I have a GSD, Candy who is 13 months old as of today, but I want to share an incident that happened about 5 months ago, when my baby was just 8 months old. I've got a helper at home, who takes care of washing Candy's vessels, sweeping and mopping and general housekeeping work. He has seen Candy from the time she came home when she was 3 months old. He has played with her, she was at peace with him, and we at home assumed that she would not harm him.

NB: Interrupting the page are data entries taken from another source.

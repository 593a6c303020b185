-- ===== src/Proxy/Loop/Truth.antt =====
-- Where the published menu comes from, source by source: the ladder at the end of a round of
-- bridge/src/proxy.rs.
use noctalia_appmenu.Prelude.{
  ◌==◌, ◌≡◌, refl, sym, ap, ◌∙◌, ◌≢◌, ◌⊎◌, inl, inr, true, false, Option, none, some, arith,
  Bool-cases, Option-cases, Text, Duration,
}
use mathlib.Core.Path.{subst}
use noctalia_appmenu.Menu.Tree.{MenuItem}
use noctalia_appmenu.Config.{Config}
use noctalia_appmenu.Desktop.Resolve.{System, ResolveCache}
use noctalia_appmenu.Desktop.Fallback.{fallback_menu}
use noctalia_appmenu.Atspi.Skip.{should_skip}
use noctalia_appmenu.Atspi.Cache.{get}
use noctalia_appmenu.Proxy.Write.{
  MenuSource, atspi, synthetic, desktop_fallback, empty, is_lazy_unreadable, Payload, payload_of,
}
use noctalia_appmenu.Proxy.Write.Laws.{IsSynced, last_of, write_active_json-IsSynced}
use noctalia_appmenu.Proxy.Loop.{
  Bridge, Round, Walk, walked, walk_failed, fallback_choice, eager_write, publish_props,
  resolve_menu, after_walk, usable, final_choice, final_write, round, focus_title,
}
use noctalia_appmenu.Proxy.Loop.Spec.{eager_part, round-final_write}
use noctalia_appmenu.Proxy.Loop.Provenance.{resolve_menu-writer, eager_write-IsSynced}
use noctalia_appmenu.Proxy.Loop.Fallback.{at_choice}

module _ (cfg : Config) (sys : System) (to_string : Payload → Text) where
  -- The round's own find: the application is not skipped, and the menu is the cached one of the
  -- window, or, where there is none, the one that the walk returns.
  abbrev pub IsFound : Round → Bridge → MenuItem → Type 0
  IsFound r s m =
      (r.snapshot.focus_pid ≢ 0)
      × (should_skip s.learned r.skip_at r.snapshot.app_id ≡ false)
      × ((get s.menus r.cache_at r.snapshot.app_id r.snapshot.focus_pid r.snapshot.focus_winid
            ≡ some (some m))
          ⊎ ((get s.menus r.cache_at r.snapshot.app_id r.snapshot.focus_pid r.snapshot.focus_winid
                ≡ none)
              × ((took : Duration) × (r.walk (focus_title cfg sys to_string r.snapshot)
                    ≡ walked (some m) took))))

  after_walk-some :
      (r : Round) (s : Bridge) (found : Walk) (m : MenuItem)
      → (after_walk cfg sys to_string r s found).1 ≡ some m
      → (took : Duration) × (found ≡ walked (some m) took)
  unfolding after_walk
  after_walk-some r s walk_failed m e = absurd (cc)
  after_walk-some r s (walked none took) m e = absurd (cc)
  after_walk-some r s (walked (some a) took) m e = (took, ap (λ x. walked x took) e)

  resolve_menu-IsFound :
      (r : Round) (s : Bridge) (m : MenuItem)
      → (resolve_menu cfg sys to_string r s).1 ≡ some m
      → IsFound r s m
  unfolding resolve_menu
  resolve_menu-IsFound r s m e = elim (Bool-cases (r.snapshot.focus_pid == 0)) [
    | inl p ↦ absurd (ground arith)
    | inr p ↦ elim (Bool-cases (should_skip s.learned r.skip_at r.snapshot.app_id)) [
      | inl k ↦ absurd (ground arith)
      | inr k ↦
          elim (Option-cases (
            get s.menus r.cache_at r.snapshot.app_id r.snapshot.focus_pid r.snapshot.focus_winid)) [
              | inl g ↦ (
                ground arith,
                k,
                inr (
                  g,
                  after_walk-some r s (r.walk (focus_title cfg sys to_string r.snapshot)) m
                      (ground arith),
                ),
              )
              | inr (cached, g) ↦
                  let same : cached ≡ some m = ground arith in
                  (ground arith, k, inl (g ∙ ap some same))
            ]
    ]
  ]

  -- What each source says of the menu beside it.
  abbrev pub IsTrue : Round → Bridge → MenuSource → Option MenuItem → Type 0
  IsTrue r s empty none =
      (r.snapshot.focus_pid ≡ 0)
      ⊎ (usable cfg sys to_string (at_choice cfg sys to_string r s).1 ≡ none)
  IsTrue r s empty (some m) = ⊥
  IsTrue r s atspi none = ⊥
  IsTrue r s atspi (some m) = IsFound r s m × (is_lazy_unreadable m ≡ false)
  IsTrue r s desktop_fallback none = ⊥
  IsTrue r s desktop_fallback (some m) =
      (r.snapshot.focus_pid ≢ 0)
      × (cfg.desktop_fallback ≡ true)
      × (usable cfg sys to_string (at_choice cfg sys to_string r s).1 ≡ none)
      × ((fallback_menu sys (at_choice cfg sys to_string r s).0.resolved r.final_resolve_at
            r.snapshot.app_id).1
          ≡ some m)
  IsTrue r s synthetic menu = ⊥

  usable-some :
      (found : Option MenuItem) (m : MenuItem)
      → usable cfg sys to_string found ≡ some m
      → (found ≡ some m) × (is_lazy_unreadable m ≡ false)
  unfolding usable
  usable-some none m e = absurd (cc)
  usable-some (some a) m e = elim (Bool-cases (is_lazy_unreadable a)) [
    | inl lazy ↦ absurd (ground arith)
    | inr readable ↦ let same : a ≡ m = ground arith in (ap some same, rw (← same) readable)
  ]

  eager_part-IsFound :
      (r : Round) (s : Bridge) (m : MenuItem)
      → IsFound r (eager_part cfg sys to_string r s) m
      → IsFound r s m
  unfolding publish_props eager_write
  eager_part-IsFound r s m h = h

  -- The choice of a round, whose rungs are the four equations.
  choice : Round → Bridge → Option MenuItem × MenuSource
  choice r s =
      (final_choice cfg sys to_string r (at_choice cfg sys to_string r s).0.resolved
        (at_choice cfg sys to_string r s).1).1

  fallback_choice-IsTrue :
      (r : Round) (s : Bridge) (fb : Option MenuItem)
      → r.snapshot.focus_pid ≢ 0
      → cfg.desktop_fallback ≡ true
      → usable cfg sys to_string (at_choice cfg sys to_string r s).1 ≡ none
      → (fallback_menu sys
          (at_choice cfg sys to_string r s).0.resolved
          r.final_resolve_at
          r.snapshot.app_id).1
        ≡ fb
      → IsTrue r s (fallback_choice fb).1 (fallback_choice fb).0
  fallback_choice-IsTrue r s none p on u f = inr u
  fallback_choice-IsTrue r s (some m) p on u f = (p, on, u, f)

  final_choice-enabled :
      (r : Round) (cache : ResolveCache) (found : Option MenuItem)
      → (r.snapshot.focus_pid == 0) ≡ false
      → cfg.desktop_fallback ≡ true
      → usable cfg sys to_string found ≡ none
      → (final_choice cfg sys to_string r cache found).1
        ≡ fallback_choice (fallback_menu sys cache r.final_resolve_at r.snapshot.app_id).1
  unfolding final_choice
  final_choice-enabled r cache found p on u = ground arith

  final_choice-disabled :
      (r : Round) (cache : ResolveCache) (found : Option MenuItem)
      → (r.snapshot.focus_pid == 0) ≡ false
      → cfg.desktop_fallback ≡ false
      → usable cfg sys to_string found ≡ none
      → (final_choice cfg sys to_string r cache found).1 ≡ (none, empty)
  unfolding final_choice
  final_choice-disabled r cache found p off u = ground arith

  choice-IsTrue : (r : Round) (s : Bridge) → IsTrue r s (choice r s).1 (choice r s).0
  unfolding final_choice choice
  choice-IsTrue r s =
      let at = at_choice cfg sys to_string r s in
      elim (Bool-cases (r.snapshot.focus_pid == 0)) [
        | inl p ↦ rw (choice, final_choice, p) (inl (ground arith))
        | inr p ↦ elim (Option-cases (usable cfg sys to_string at.1)) [
          | inr (m, u) ↦
              let (found, readable) = usable-some at.1 m u in
              rw (choice, final_choice, p, u)
                (
                  eager_part-IsFound r s m
                      (resolve_menu-IsFound r (eager_part cfg sys to_string r s) m found),
                  readable,
                )
          | inl u ↦ elim (Bool-cases cfg.desktop_fallback) [
            | inl on ↦
                subst (λ c. IsTrue r s c.1 c.0)
                  (sym (final_choice-enabled r at.0.resolved at.1 p on u))
                  (fallback_choice-IsTrue r s _ (ground arith) on u refl)
            | inr off ↦
                subst (λ c. IsTrue r s c.1 c.0)
                  (sym (final_choice-disabled r at.0.resolved at.1 p off u)) (inr u)
          ]
        ]
      ]

  -- A round in which both writes succeed and the signals are sent, and before which the body last
  -- written, the file and the last push agree, ends with the file, and the last payload pushed to
  -- the widget, of the round's snapshot, and their `source` tells the truth: `atspi` stands beside
  -- the very menu that this round finds for the focused application, which is not skipped, in the
  -- window's cached walk or by a walk, and which is not lazily unreadable; `desktop-fallback`
  -- beside the menu that the desktop files give, only where it is configured, an application is
  -- focused and nothing usable was found; `empty` beside no menu, only with no focus or where
  -- nothing usable was found; and `synthetic` is never published.
  pub round-IsTrue :
      (r : Round) (s : Bridge)
      → r.eager_disk.writes ≡ true
      → r.final_disk.writes ≡ true
      → r.signals_sent ≡ true
      → IsSynced s.writer
      → (menu : Option MenuItem) × (source : MenuSource) × IsTrue r s source menu
        × ((round cfg sys to_string r s).0.writer.file
            ≡ some (to_string (payload_of r.snapshot menu source)))
        × (last_of (round cfg sys to_string r s).0.writer.pushed
            ≡ some (to_string (payload_of r.snapshot menu source)))
  unfolding publish_props final_write choice
  round-IsTrue r s eager_ok final_ok sent h =
      let (next, found) = at_choice cfg sys to_string r s in
      let synced : IsSynced next.writer =
        rw (resolve_menu-writer cfg sys to_string r (eager_part cfg sys to_string r s))
          (eager_write-IsSynced cfg sys to_string r s eager_ok h) in
      let (menu, source) = choice r s in
      let (file, last, _) =
        write_active_json-IsSynced to_string r.final_disk r.snapshot menu source next.writer
          final_ok synced in
      let goes_on = round-final_write cfg sys to_string r s sent in
      (
        menu,
        source,
        choice-IsTrue r s,
        ap (λ x. x.0.writer.file) goes_on ∙ file,
        ap (λ x. last_of x.0.writer.pushed) goes_on ∙ last,
      )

 I work the night shifts and I usually retire anywhere between 11AM to 2PM. When I sleep I sleep like a log. The following is as narrated by my helper.
 One day the helper comes into my room when I'm asleep and calls me. Candy sleeps at my feet on my bed. She gets up and crouches. This helper called me a couple of times and then he wanted to pat me to wake me up. When he raised his hand to pat me, she bit him and chased him out of the room and stood at the door of my room for about 5 minutes and came back and slept near my feet. He along with my father mention that she doesn't let anyone into my room if I'm not at home.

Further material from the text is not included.